Variational Theory of Crystal Growth in Multicomponent Alloys

Abstract

The provisions for a new variational theory of crystal growth in multicomponent metal melts were formulated. The developed theory is the generalization of the previously conducted studies of crystal growth under conditions of deviation from local equilibrium at the phase boundary. The description of the methods of non-equilibrium thermodynamics of interrelated physico-chemical processes occurring in the initial phase, on the interface of phases and inside the growing crystal, was compared with the variational description of the crystal growth as a macrobody.
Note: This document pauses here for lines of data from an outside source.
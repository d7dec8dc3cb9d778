-- ===== src/Lib.antt =====
-- MinC is a POSIX system on Windows: libposix gives OpenBSD programs the system calls of POSIX by
-- calls of Windows. This library models, from the source:
--
-- * the terminal (libposix/vfs/char). screen_write of char_screen.c takes bytes, passes text to
--   the console and collects escape sequences, which AnsiControl of char_ansi.c and the DEC
--   functions of char_vt100.c carry out. Console is the state: the part of WIN_TTY and of the
--   globals of vfs.c that output uses. Ansi.Attribs, Ansi.Cursor, Ansi.Scroll, Ansi.Erase and
--   Ansi.Mode have the functions of char_ansi.c by what they change, Ansi.Control the switch over
--   them, Vt100 those of char_vt100.c, Screen the helpers of char_screen.c, and Screen.Write its
--   parser and its loop.
-- * errors (libposix/sys/errno.c): Errno has errno_posix as a table.
-- * signals (libposix/sys/signal.c, libposix/vfs/vfs_signal.c, pid_win of libposix/sys/proc.c):
--   Signal.Tables has the tables of signals and events, Signal.Action the calls of a task on its
--   own signals, Signal.Deliver what a signal does when it arrives, Signal.Kill who gets it, and
--   Signal.Suspend the wait for a signal; Signal.Exception makes a signal of an exception.
-- * file descriptors (libposix/sys/vnode.c, and the parts of libposix/sys/fcntl.c,
--   libposix/sys/unistd.c, libposix/vfs/vfs_fcntl.c, libposix/vfs/vfs_unistd.c and of the drivers
--   that copy and close them): Descriptor.Flags has the flags of open and fcntl,
--   Descriptor.Duplicate the copy, Descriptor.Close the closing, Descriptor.Lock the record locks,
--   Descriptor.Table the table of the open files of a task with the system calls on it, and
--   Descriptor.Fcntl sys_fcntl and sys_flock. A failing system call gives errno_posix of the last
--   error of Windows, here as a field of the state.
-- * file names, strings and paths (libposix/win/win_libgen.c, libposix/win/win_string.c,
--   libposix/win/win_wchar.c, libposix/vfs/vfs_libgen.c, libposix/vfs/vfs_namei.c with the lookups
--   of the drivers, and libposix/sys/namei.c): Libgen takes file names apart, Strings copies into
--   buffers, Namei reads the components of a path, Namei.Find looks them up, and Namei.Posix makes
--   the path of POSIX from the name.
-- * waiting for children (libposix/sys/wait.c, libposix/vfs/vfs_wait.c, proc_close and proc_poll of
--   libposix/vfs/process): Wait, over the table of tasks.
-- * terminal control (libposix/sys/termio.c, libposix/vfs/vfs_termio.c, and the pdo and char
--   drivers): Termio has the data and the calls on a console, Termio.Dispatch the choice by kind of
--   file and device, Termio.Ioctl the requests.
-- * poll and select (libposix/sys/poll.c, libposix/sys/select.c, libposix/vfs/vfs_poll.c and the
--   drivers): Poll and Poll.Select.
-- * reading from a console (libposix/vfs/char/char_input.c, with the tables of char_interix.c):
--   Input.
-- * the table of tasks, fork and exec (ProcCreateTask, proc_dup and proc_execve of
--   libposix/vfs/process) and process groups (libposix/sys/unistd.c): Process.
-- * the modes of files (libposix/sys/stat.c) and their access control lists
--   (libposix/vfs/vfs_acl.c, and disk_fchmod of libposix/vfs/disk/disk_stat.c): Stat and Acl. The
--   ids of users and groups (libposix/sys/stat.c): Rid.
-- * the interval timer (libposix/vfs/vfs_time.c, and timeval_win of libposix/sys/time.c): Timer.
--
-- C functions are functions from a state to a state; the name is that of the source in snake
-- case, without the prefix Ansi, Screen or DEC where a module stands for it. The calls of
-- Windows are collected in a list, the latest first. What Windows answers is a parameter: the
-- record Console for the console, Signal.System for messages and events, Descriptor.Host and
-- Wait.Handles for handles, Namei.Volume for the files of a disk, Termio.Windows for a console's
-- settings and new pipes, Poll.Look for what files report at one moment, Timer.Clockwork for timers,
-- Acl.Calls for security descriptors and Input.Wake for what a wait for the console brings. A task
-- that sleeps is given the list of the ways in which its sleeps end; if the list runs out, it
-- still sleeps, and there is no result. A SHORT, a LONG, a WORD and a DWORD are numbers with the
-- conversions of Prelude.Words written out where the source converts. The LONG in which
-- screen_write counts the bytes that are left is not wrapped. atoi and the printing of a
-- number are those of the C library (Libc). A store past the end of the sequence buffer sets a
-- flag in the model; a read outside the table of signals or of tasks is an outcome of its own.
--
-- The loop of screen_write recurses on the number of bytes left, which it decreases in each round,
-- so no fuel is needed; the loops over tasks and descriptors recurse on their tables. The tables
-- are those of the source: 33 signals, 80 tasks, 64 descriptors. The loop of vfs_lookup has fuel,
-- one round more than the source has characters: each round that goes on reads one at least, and
-- no kind of link changes what is left of the source. The loop of input_read has fuel
-- for every byte, wait and character of the clipboard. The loops that sleep recurse on their
-- sleeps, the copying of strings on the source or the buffer; a write past the end of a buffer
-- gives no result.
--
-- Not modelled: the text of error messages, the records of ktrace but for signals, the
-- stop of a task by a signal and the end of a process, which are calls here, the conversion of text
-- between UTF-8 and wide characters (a parameter of Namei.Posix), pathat_win with its flags and
-- path lengths, the floating point in which the code converts times, what the input of a
-- console and pipes and sockets report to poll before it is masked (parameters), the Windows API
-- itself, and the other drivers and system calls: files and directories, sockets, the
-- copying of memory in a fork, memory, and
-- the system calls for time. The OpenBSD programs and the libraries
-- beside libposix are other projects' code.
pub mod Prelude
pub mod Libc
pub mod Libgen
pub mod Strings
pub mod Namei
pub mod Console
pub mod Ansi
pub mod Vt100
pub mod Screen
pub mod Errno
pub mod Signal
pub mod Descriptor
pub mod Wait
pub mod Termio
pub mod Stat
pub mod Acl
pub mod Poll
pub mod Timer
pub mod Input
pub mod Process
pub mod Rid
mod Tests
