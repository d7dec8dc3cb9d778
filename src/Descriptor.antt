-- ===== src/Descriptor.antt =====
-- File descriptors: WIN_VNODE and WIN_FLAGS (include/vfs_types.h), and what the descriptor code
-- asks of the operating system.
pub mod Flags
pub mod Duplicate
pub mod Close
pub mod Lock
pub mod Table
pub mod Fcntl
use minc.Prelude.{ℕ, Bool, true, false, List, [], ◌∷◌, Option}
use minc.Prelude.Int.{ℤ, pos}

-- WIN_FS_TYPE
pub data FsType : Type 0 where
  fs_unknown fs_disk fs_char fs_pipe fs_mailslot fs_pdo fs_drive fs_process : FsType
  fs_winsock fs_registry fs_volume fs_npf fs_link fs_ndis fs_shell : FsType

-- WIN_VTYPE
pub data VType : Type 0 where
  vnon vreg vdir vblk vchr vlnk vsock vfifo vbad : VType

-- WIN_VNODE. The Handle, Socket and Key share one field, as do Object and Options; a null handle
-- is 0.
pub record VNode : Type 0 where
  pub mount_id : ℕ
  pub file_type : VType
  pub device_type : ℕ
  pub device_id : ℕ
  pub fs_type : FsType
  pub file_id : ℕ
  pub access : ℕ
  pub attribs : ℕ
  pub event : ℕ
  pub pending : ℕ
  pub flags : ℕ
  pub handle : ℕ
  pub lock_region : ℕ
  pub lock_size : ℕ
  pub object : ℕ
  pub index : ℕ
  pub close_exec : Bool
  pub owner : ℤ

-- WIN_VNODE vNode = {0}, and ZeroMemory
abbrev pub empty : VNode
empty = record {
  mount_id = 0;
  file_type = vnon;
  device_type = 0;
  device_id = 0;
  fs_type = fs_unknown;
  file_id = 0;
  access = 0;
  attribs = 0;
  event = 0;
  pending = 0;
  flags = 0;
  handle = 0;
  lock_region = 0;
  lock_size = 0;
  object = 0;
  index = 0;
  close_exec = false;
  owner = pos 0;
}

-- WIN_FLAGS
pub record FileFlags : Type 0 where
  pub access : ℕ
  pub share : ℕ
  pub creation : ℕ
  pub attribs : ℕ
  pub close_exec : Bool

-- OPEN_MAX, which is WIN_OPEN_MAX, and INVALID_HANDLE_VALUE
abbrev pub open_max : ℕ
open_max = 64

abbrev pub invalid_handle : ℕ
invalid_handle = 4294967295

-- What the operating system answers: the copy of a handle, the access that a handle gives, whether
-- a handle, a search, a socket or its event can be closed and an event set, whether a region
-- (a handle, an offset and a size) can be unlocked or locked with some flags, whether the mode of
-- a pipe and the events of a socket can be set, and the errors of these failures. The device of an id is an entry of the table __Devices, whose two handles, event
-- and type the copies use.
pub record Host : Type 0 where
  pub duplicate_handle : ℕ → Bool → Option ℕ
  pub access_of : ℕ → ℕ
  pub closes_handle : ℕ → Bool
  pub closes_search : ℕ → Bool
  pub closes_socket : ℕ → Bool
  pub closes_event : ℕ → Bool
  pub sets_event : ℕ → Bool
  pub error : ℕ
  pub unlocks : ℕ → ℕ → ℕ → Bool
  pub unlock_error : ℕ
  pub locks : ℕ → ℕ → ℕ → ℕ → Bool
  pub sets_pipe_state : ℕ → ℕ → Bool
  pub selects_events : ℕ → ℕ → ℕ → Bool
  pub device_input : ℕ → ℕ
  pub device_output : ℕ → ℕ
  pub device_event : ℕ → ℕ
  pub device_fs_type : ℕ → FsType

-- The handles and locks that were made or released.
pub data Call : Type 0 where
  duplicated : ℕ → ℕ → Call
  close_handle : ℕ → Call
  close_search : ℕ → Call
  close_socket : ℕ → Call
  close_event : ℕ → Call
  set_event : ℕ → Call
  unlock_file : ℕ → ℕ → ℕ → Call
  lock_file : ℕ → ℕ → ℕ → ℕ → Call
  set_pipe_state : ℕ → ℕ → Call
  select_events : ℕ → ℕ → ℕ → Call

-- The array Task->Node, the calls, the latest first, and the last error of Windows.
pub record Files : Type 0 where
  pub nodes : List VNode
  pub calls : List Call
  pub last_error : ℕ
The developed approach made it possible to find the general expression for the crystal growth rate, considering the influence of thermal and diffusion processes, as well as taking into account the influence of nonstationary effects associated with deviation from the local equilibrium on the surface of the growing nucleus. The justification of the new method showed that when the condition of the local equilibrium on the surface of the growing crystal is satisfied, the resulting equations take the form of expressions that can be obtained by constructing the equation of a mass and internal energy balance for the system under consideration. As an example, the problem of crystal growth from a melt of eutectic composition was considered. The equation of the growth rate of the two-component nucleus of the stoichiometric composition was obtained, taking into account the influence of the local non-equilibrium effects on growth. The expressions obtained were compared with the known equations of the solute trapping theory.